# [HOW TO COMPLETE THIS TASK]
Reproduce the entries shown below only from the line with "subst (λ n. (one_past" down to the line with "le_or_gt : (a b : ℕ) → (a ≤ b) ⊎ (b < a)", keeping both end lines and copying each one exactly.

# [EXERCISE MATERIALS]
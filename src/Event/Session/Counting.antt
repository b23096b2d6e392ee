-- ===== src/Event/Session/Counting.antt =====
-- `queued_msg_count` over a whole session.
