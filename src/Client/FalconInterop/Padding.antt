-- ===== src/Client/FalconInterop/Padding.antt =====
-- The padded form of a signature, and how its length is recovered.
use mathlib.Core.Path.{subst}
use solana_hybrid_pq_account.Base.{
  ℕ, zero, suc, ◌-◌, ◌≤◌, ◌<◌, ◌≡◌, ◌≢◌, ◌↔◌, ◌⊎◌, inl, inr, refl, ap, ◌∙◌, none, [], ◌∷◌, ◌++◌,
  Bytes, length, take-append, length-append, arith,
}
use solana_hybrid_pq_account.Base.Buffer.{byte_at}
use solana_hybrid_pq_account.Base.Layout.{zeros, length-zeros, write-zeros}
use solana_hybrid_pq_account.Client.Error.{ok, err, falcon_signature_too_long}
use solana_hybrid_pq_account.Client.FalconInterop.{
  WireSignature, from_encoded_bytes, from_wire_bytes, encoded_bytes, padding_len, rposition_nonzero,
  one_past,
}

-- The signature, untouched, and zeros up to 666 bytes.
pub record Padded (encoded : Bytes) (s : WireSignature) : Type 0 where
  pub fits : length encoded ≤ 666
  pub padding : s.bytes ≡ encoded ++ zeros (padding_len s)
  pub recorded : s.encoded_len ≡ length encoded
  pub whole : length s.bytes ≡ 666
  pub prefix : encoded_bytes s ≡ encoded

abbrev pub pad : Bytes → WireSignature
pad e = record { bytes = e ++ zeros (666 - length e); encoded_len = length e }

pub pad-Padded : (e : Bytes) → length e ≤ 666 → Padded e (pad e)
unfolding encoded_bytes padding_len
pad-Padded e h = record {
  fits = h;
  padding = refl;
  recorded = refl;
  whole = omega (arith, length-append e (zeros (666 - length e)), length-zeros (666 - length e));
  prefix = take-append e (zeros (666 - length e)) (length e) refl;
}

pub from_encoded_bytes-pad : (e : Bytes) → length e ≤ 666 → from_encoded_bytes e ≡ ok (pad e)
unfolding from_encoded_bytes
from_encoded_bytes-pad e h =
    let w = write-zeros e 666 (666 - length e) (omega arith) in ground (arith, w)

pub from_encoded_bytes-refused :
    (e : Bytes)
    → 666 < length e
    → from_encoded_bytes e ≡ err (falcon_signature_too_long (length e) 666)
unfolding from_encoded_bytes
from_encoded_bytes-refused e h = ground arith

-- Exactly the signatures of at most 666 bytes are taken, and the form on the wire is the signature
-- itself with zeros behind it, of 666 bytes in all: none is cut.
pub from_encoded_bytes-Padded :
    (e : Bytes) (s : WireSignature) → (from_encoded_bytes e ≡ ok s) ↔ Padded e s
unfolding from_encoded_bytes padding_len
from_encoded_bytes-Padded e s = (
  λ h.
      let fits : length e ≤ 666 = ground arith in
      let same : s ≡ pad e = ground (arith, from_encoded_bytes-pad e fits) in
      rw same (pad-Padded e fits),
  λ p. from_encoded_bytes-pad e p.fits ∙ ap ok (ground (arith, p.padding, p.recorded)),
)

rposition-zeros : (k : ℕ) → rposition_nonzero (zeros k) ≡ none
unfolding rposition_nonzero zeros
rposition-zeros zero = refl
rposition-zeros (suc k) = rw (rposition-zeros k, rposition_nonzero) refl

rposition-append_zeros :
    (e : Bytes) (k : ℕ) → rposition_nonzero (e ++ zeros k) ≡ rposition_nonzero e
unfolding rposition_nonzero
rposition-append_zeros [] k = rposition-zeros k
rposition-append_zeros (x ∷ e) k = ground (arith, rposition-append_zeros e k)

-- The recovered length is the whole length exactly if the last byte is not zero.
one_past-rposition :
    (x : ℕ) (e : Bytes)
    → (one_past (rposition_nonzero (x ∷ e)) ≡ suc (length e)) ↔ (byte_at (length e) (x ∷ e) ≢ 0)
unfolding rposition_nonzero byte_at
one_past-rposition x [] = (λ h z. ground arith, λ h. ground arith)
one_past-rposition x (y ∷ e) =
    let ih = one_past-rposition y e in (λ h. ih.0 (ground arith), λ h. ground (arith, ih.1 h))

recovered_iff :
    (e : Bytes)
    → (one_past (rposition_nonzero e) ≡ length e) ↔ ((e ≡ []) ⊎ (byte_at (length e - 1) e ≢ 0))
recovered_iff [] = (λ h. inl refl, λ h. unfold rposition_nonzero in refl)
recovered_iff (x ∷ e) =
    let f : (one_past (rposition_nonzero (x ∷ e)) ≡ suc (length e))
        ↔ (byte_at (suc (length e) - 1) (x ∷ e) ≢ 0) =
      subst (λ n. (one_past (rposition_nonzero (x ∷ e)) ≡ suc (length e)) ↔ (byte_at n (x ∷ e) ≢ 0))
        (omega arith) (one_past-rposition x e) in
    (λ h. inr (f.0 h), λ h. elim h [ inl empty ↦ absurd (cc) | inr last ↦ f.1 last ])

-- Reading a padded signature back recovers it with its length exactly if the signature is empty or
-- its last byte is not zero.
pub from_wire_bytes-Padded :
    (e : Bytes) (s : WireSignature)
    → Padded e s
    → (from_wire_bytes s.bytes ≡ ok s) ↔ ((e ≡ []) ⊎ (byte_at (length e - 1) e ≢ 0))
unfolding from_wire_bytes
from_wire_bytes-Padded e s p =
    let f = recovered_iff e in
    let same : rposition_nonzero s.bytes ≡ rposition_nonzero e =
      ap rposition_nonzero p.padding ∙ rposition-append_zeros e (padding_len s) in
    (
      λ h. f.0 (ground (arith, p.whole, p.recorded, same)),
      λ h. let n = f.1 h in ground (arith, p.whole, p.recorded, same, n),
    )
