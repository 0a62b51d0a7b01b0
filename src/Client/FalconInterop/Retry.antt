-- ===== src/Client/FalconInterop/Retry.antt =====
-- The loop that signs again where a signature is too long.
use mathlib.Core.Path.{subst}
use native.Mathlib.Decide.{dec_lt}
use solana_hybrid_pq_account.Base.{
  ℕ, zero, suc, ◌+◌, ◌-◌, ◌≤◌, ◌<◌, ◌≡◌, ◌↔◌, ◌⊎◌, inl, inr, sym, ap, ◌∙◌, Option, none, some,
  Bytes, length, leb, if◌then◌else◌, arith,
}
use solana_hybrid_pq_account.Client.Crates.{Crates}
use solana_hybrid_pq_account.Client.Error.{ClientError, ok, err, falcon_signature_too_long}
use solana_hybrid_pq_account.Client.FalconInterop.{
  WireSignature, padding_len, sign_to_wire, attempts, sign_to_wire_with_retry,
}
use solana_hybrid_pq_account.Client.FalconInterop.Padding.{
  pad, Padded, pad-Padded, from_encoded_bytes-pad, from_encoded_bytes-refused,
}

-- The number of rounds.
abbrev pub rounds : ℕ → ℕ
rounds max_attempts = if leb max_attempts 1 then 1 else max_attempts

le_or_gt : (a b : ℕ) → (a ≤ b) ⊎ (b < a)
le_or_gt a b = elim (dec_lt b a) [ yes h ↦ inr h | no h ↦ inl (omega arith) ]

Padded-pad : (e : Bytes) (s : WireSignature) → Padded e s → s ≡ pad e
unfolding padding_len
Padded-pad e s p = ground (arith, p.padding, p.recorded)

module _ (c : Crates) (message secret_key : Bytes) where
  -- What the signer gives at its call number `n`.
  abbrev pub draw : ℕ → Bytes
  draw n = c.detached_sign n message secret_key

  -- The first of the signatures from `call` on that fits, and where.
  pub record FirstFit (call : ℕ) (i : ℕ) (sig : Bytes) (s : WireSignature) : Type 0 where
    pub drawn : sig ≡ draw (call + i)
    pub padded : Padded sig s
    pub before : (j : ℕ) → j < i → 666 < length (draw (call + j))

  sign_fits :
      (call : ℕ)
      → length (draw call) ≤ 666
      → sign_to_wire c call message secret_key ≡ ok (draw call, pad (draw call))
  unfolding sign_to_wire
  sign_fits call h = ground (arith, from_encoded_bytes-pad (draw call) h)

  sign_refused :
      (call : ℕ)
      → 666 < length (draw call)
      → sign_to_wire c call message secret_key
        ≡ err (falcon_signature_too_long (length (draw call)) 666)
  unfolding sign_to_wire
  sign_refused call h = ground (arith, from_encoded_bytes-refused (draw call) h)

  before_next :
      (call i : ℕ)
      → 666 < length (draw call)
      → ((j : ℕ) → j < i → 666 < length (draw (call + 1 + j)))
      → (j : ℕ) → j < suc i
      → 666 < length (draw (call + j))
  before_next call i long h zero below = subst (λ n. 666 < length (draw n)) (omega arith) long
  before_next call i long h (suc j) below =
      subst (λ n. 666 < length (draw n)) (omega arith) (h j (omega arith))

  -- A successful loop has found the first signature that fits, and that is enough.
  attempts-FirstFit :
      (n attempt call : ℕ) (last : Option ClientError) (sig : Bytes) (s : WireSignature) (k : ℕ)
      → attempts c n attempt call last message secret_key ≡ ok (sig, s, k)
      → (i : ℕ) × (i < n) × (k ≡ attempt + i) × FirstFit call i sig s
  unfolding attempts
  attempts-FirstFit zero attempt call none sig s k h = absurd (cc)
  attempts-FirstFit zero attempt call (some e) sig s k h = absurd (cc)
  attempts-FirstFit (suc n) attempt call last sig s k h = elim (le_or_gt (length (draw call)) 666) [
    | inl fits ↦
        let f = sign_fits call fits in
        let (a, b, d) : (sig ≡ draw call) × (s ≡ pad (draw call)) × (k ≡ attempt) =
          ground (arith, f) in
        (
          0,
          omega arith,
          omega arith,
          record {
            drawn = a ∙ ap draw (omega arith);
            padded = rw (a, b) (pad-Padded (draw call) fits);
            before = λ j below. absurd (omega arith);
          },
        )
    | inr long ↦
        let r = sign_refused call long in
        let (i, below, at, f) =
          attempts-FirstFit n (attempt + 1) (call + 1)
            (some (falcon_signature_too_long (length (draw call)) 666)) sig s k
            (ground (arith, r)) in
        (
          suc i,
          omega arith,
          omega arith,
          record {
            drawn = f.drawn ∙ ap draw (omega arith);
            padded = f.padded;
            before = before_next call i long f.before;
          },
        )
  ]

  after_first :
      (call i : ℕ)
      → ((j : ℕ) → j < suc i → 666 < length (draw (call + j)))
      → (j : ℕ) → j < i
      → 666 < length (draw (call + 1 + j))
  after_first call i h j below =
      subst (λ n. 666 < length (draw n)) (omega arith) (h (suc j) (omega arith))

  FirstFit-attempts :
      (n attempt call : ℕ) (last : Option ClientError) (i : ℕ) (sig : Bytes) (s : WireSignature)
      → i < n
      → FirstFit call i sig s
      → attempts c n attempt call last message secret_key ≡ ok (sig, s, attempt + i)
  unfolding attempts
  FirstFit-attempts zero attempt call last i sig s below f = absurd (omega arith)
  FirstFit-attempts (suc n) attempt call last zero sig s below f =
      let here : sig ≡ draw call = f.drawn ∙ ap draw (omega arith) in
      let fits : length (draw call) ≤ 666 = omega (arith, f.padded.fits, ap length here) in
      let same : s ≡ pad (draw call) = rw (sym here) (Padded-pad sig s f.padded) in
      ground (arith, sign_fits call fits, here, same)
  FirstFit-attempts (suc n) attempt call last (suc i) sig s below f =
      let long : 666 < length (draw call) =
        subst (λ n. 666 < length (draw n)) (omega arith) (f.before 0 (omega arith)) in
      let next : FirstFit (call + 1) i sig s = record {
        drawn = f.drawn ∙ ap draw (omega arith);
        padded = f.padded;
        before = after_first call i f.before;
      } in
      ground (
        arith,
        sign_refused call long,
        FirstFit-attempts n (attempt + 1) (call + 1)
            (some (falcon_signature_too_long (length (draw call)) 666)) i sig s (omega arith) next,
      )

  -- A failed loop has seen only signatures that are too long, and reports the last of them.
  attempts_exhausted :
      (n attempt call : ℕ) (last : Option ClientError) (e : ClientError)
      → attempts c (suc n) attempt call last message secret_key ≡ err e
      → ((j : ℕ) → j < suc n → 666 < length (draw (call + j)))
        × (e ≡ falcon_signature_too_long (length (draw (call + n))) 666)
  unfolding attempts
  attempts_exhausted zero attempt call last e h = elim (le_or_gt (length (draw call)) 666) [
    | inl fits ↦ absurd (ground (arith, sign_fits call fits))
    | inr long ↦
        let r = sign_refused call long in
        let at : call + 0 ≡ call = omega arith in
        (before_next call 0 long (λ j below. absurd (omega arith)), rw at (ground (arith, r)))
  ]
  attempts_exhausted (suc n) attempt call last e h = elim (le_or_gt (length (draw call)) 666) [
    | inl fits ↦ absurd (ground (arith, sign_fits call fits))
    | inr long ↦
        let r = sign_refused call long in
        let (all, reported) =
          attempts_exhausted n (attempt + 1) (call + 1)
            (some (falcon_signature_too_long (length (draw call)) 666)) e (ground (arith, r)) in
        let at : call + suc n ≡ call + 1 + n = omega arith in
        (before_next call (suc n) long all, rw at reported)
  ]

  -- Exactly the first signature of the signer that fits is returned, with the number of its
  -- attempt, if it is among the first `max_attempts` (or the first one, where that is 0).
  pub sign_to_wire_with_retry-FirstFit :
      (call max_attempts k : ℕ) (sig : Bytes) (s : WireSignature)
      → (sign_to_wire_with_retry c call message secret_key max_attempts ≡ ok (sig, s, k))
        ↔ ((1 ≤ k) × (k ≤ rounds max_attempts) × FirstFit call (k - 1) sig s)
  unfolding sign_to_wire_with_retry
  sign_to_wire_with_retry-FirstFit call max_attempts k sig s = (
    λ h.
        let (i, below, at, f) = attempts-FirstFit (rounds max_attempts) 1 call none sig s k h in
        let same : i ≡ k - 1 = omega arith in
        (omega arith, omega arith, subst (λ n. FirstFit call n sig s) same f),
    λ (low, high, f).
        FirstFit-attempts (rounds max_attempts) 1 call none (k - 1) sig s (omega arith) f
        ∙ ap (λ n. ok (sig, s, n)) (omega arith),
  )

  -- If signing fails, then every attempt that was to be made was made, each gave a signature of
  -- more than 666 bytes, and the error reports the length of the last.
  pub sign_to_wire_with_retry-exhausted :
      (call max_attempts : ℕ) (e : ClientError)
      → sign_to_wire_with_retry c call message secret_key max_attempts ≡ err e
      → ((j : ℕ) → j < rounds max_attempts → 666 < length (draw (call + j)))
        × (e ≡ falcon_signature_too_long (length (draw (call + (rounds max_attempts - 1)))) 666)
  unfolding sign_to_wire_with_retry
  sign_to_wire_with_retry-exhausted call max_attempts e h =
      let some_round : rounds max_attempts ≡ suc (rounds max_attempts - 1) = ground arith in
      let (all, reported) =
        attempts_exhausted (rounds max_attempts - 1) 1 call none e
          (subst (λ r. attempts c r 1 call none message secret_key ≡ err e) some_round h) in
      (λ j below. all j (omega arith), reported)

# [TASK SOLUTION]
      subst (λ n. (one_past (rposition_nonzero (x ∷ e)) ≡ suc (length e)) ↔ (byte_at n (x ∷ e) ≢ 0))
        (omega arith) (one_past-rposition x e) in
    (λ h. inr (f.0 h), λ h. elim h [ inl empty ↦ absurd (cc) | inr last ↦ f.1 last ])

-- Reading a padded signature back recovers it with its length exactly if the signature is empty or
-- its last byte is not zero.
pub from_wire_bytes-Padded :
    (e : Bytes) (s : WireSignature)
    → Padded e s
    → (from_wire_bytes s.bytes ≡ ok s) ↔ ((e ≡ []) ⊎ (byte_at (length e - 1) e ≢ 0))
unfolding from_wire_bytes
from_wire_bytes-Padded e s p =
    let f = recovered_iff e in
    let same : rposition_nonzero s.bytes ≡ rposition_nonzero e =
      ap rposition_nonzero p.padding ∙ rposition-append_zeros e (padding_len s) in
    (
      λ h. f.0 (ground (arith, p.whole, p.recorded, same)),
      λ h. let n = f.1 h in ground (arith, p.whole, p.recorded, same, n),
    )
repository 0a62b51d0a7b01b0
filename src/Client/FalconInterop/Retry.antt
-- ===== src/Client/FalconInterop/Retry.antt =====
-- The loop that signs again where a signature is too long.
use mathlib.Core.Path.{subst}
use native.Mathlib.Decide.{dec_lt}
use solana_hybrid_pq_account.Base.{
  ℕ, zero, suc, ◌+◌, ◌-◌, ◌≤◌, ◌<◌, ◌≡◌, ◌↔◌, ◌⊎◌, inl, inr, sym, ap, ◌∙◌, Option, none, some,
  Bytes, length, leb, if◌then◌else◌, arith,
}
use solana_hybrid_pq_account.Client.Crates.{Crates}
use solana_hybrid_pq_account.Client.Error.{ClientError, ok, err, falcon_signature_too_long}
use solana_hybrid_pq_account.Client.FalconInterop.{
  WireSignature, padding_len, sign_to_wire, attempts, sign_to_wire_with_retry,
}
use solana_hybrid_pq_account.Client.FalconInterop.Padding.{
  pad, Padded, pad-Padded, from_encoded_bytes-pad, from_encoded_bytes-refused,
}

-- The number of rounds.
abbrev pub rounds : ℕ → ℕ
rounds max_attempts = if leb max_attempts 1 then 1 else max_attempts

le_or_gt : (a b : ℕ) → (a ≤ b) ⊎ (b < a)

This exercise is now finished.